Sentence‐HMM state‐based i‐vector/PLDA modelling for improved performance in text dependent single utterance speaker verification
Author(s) -
Büyük Osman
Publication year - 2016
Publication title -
iet signal processing
Language(s) - English
Resource type - Journals
SCImago Journal Rank - 0.384
H-Index - 42
eISSN - 1751-9683
pISSN - 1751-9675
DOI - 10.1049/iet-spr.2015.0288
Subject(s) - hidden markov model , computer science , speech recognition , sentence , artificial intelligence , mixture model , utterance , pattern recognition (psychology) , word error rate , speaker recognition , task (project management) , speaker verification , management , economics
In this paper, we make use of hidden Markov model (HMM) state alignment information in i‐vector/probabilistic linear discriminant analysis (PLDA) framework to improve the verification performance in a text‐dependent single utterance (TDSU) task.

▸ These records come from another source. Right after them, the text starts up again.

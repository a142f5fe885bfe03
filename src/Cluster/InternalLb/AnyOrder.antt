-- ===== src/Cluster/InternalLb/AnyOrder.antt =====
-- pkg/cluster/internallb.go: what is recorded does not depend on the order in which the nodes are listed.
use Prim.Native.String.{compare}
use text.Mathlib.Text.{is_le}
use mathlib.Core.List.{Permᴰ}
use mathlib.Core.List.Permᴰ.{nil, cons, swap, trans}
use ekco.Prelude.{
  String, ◌≡◌, refl, sym, ap, ◌∙◌, Bool, true, false, List, [], ◌∷◌, map, arith, ◌==◌, eq_iff,
  lookup, lookup-insert,
}
use ekco.Errors.{ok}
use ekco.Kube.{Node, ConfigMap, Call, Trace, Env}
use ekco.Prelude.Text.{join_all}
use ekco.Cluster.Config.{ControllerConfig}
use ekco.Cluster.Storage.{value_or_empty}
use ekco.Cluster.InternalLb.{
  place, sort_strings, node_prop, next_internal_lb, noted, update_internal_lb_value,
  reconcile_internal_lb,
}
use ekco.Prelude.TextOrder.{le_total, le_antisym, le_trans}

abbrev le : String → String → Bool
le s t = is_le (compare s t)

place_first : (s x : String) (xs : List String) → le s x ≡ true → place s (x ∷ xs) ≡ s ∷ x ∷ xs
unfolding place
place_first s x xs h = rw (h)

place_later : (s x : String) (xs : List String) → le s x ≡ false → place s (x ∷ xs) ≡ x ∷ place s xs
unfolding place
place_later s x xs h = rw (h)

place_none : (s : String) → place s [] ≡ s ∷ []
unfolding place
place_none s = refl

place_swap : (s t : String) (xs : List String) → place s (place t xs) ≡ place t (place s xs)
place_swap s t [] = grind (arith, le_total, le_antisym, place_first, place_later, place_none)
place_swap s t (x ∷ xs) =
    grind (arith, le_total, le_antisym, le_trans, place_first, place_later, place_swap s t xs)

sort_strings-perm : (l m : List String) → Permᴰ l m → sort_strings l ≡ sort_strings m
unfolding sort_strings
sort_strings-perm [] [] nil = refl
sort_strings-perm l m (cons {a = a} {b = b} {l₁ = l₁} {l₂ = l₂} same rest) =
    ap (λ x. place x (sort_strings l₁)) same ∙ ap (place b) (sort_strings-perm l₁ l₂ rest)
sort_strings-perm l m (swap {a = a} {b = b} {a' = a'} {b' = b'} {l = l'} first second) =
    place_swap a b (sort_strings l')
    ∙ ap (λ x. place x (place a (sort_strings l'))) second
    ∙ ap (λ x. place a' (place x (sort_strings l'))) first
sort_strings-perm l m (trans {l₂ = k} first second) =
    sort_strings-perm l k first ∙ sort_strings-perm k m second

map-perm : (l m : List Node) → Permᴰ l m → Permᴰ (map node_prop l) (map node_prop m)
map-perm l m nil = nil
map-perm l m (cons {l₁ = l₁} {l₂ = l₂} same rest) = cons (ap node_prop same) (map-perm l₁ l₂ rest)
map-perm l m (swap first second) = swap (ap node_prop first) (ap node_prop second)
map-perm l m (trans {l₂ = k} first second) = trans (map-perm l k first) (map-perm k m second)

next_internal_lb-perm : (l m : List Node) → Permᴰ l m → next_internal_lb l ≡ next_internal_lb m
next_internal_lb-perm l m perm =
    ap (λ texts. join_all texts ",")
      (sort_strings-perm (map node_prop l) (map node_prop m) (map-perm l m perm))

is_recorded :
    (l m : List Node) (cm : ConfigMap)
    → Permᴰ l m
    → (next_internal_lb m
        == value_or_empty
            (lookup update_internal_lb_value (noted (next_internal_lb l) cm).contents))
      ≡ true
is_recorded l m cm perm =
    (eq_iff (next_internal_lb m) (
        value_or_empty
          (lookup update_internal_lb_value (noted (next_internal_lb l) cm).contents))).1
      (sym (next_internal_lb-perm l m perm)
        ∙ ap value_or_empty
            (sym (lookup-insert update_internal_lb_value (next_internal_lb l) cm.contents)))

-- Once the ConfigMap has what a reconcile records for a list of nodes, a reconcile of the same nodes,
-- listed in any order, reads it and does nothing.
pub reconcile_internal_lb-settled :
    (cfg : ControllerConfig) (l m : List Node) (cm : ConfigMap) (env : Env) (t : Trace)
    → Permᴰ l m
    → env.answer (Call.get_config_map cfg.host_task_namespace update_internal_lb_value) t
      ≡ ok (noted (next_internal_lb l) cm)
    → reconcile_internal_lb cfg m env t
      ≡ (ok tt, Call.get_config_map cfg.host_task_namespace update_internal_lb_value ∷ t)
unfolding reconcile_internal_lb
reconcile_internal_lb-settled cfg l m cm env t perm found =
    grind (arith, found, is_recorded l m cm perm)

In the TDSU task, speakers repeat a fixed utterance in both enrollment and authentication sessions. Despite Gaussian mixture models (GMMs) have been the dominant modeling technique for text‐independent applications, an HMM based method might be better suited for the TDSU task since it captures the co‐articulation information better. Recently, powerful channel compensation techniques such as joint factor analysis (JFA), i‐vectors and PLDA have been proposed for GMM based text‐independent speaker verification. In this study, we train a separate i‐vector/PLDA model for each sentence HMM state in order to utilize the alignment information of the HMM states in a TDSU task. The proposed method is tested using a multi‐channel speaker verification database. In the experiments, it is observed that HMM state based i‐vector/PLDA (i‐vector/PLDA‐HMM) provides approximately 67% relative reduction in equal error rate (EER) when compared to the i‐vector/PLDA. The proposed method also outperforms the baseline GMM and sentence HMM methods. It yields approximately 51% relative reduction in EER over the best performing sentence HMM method.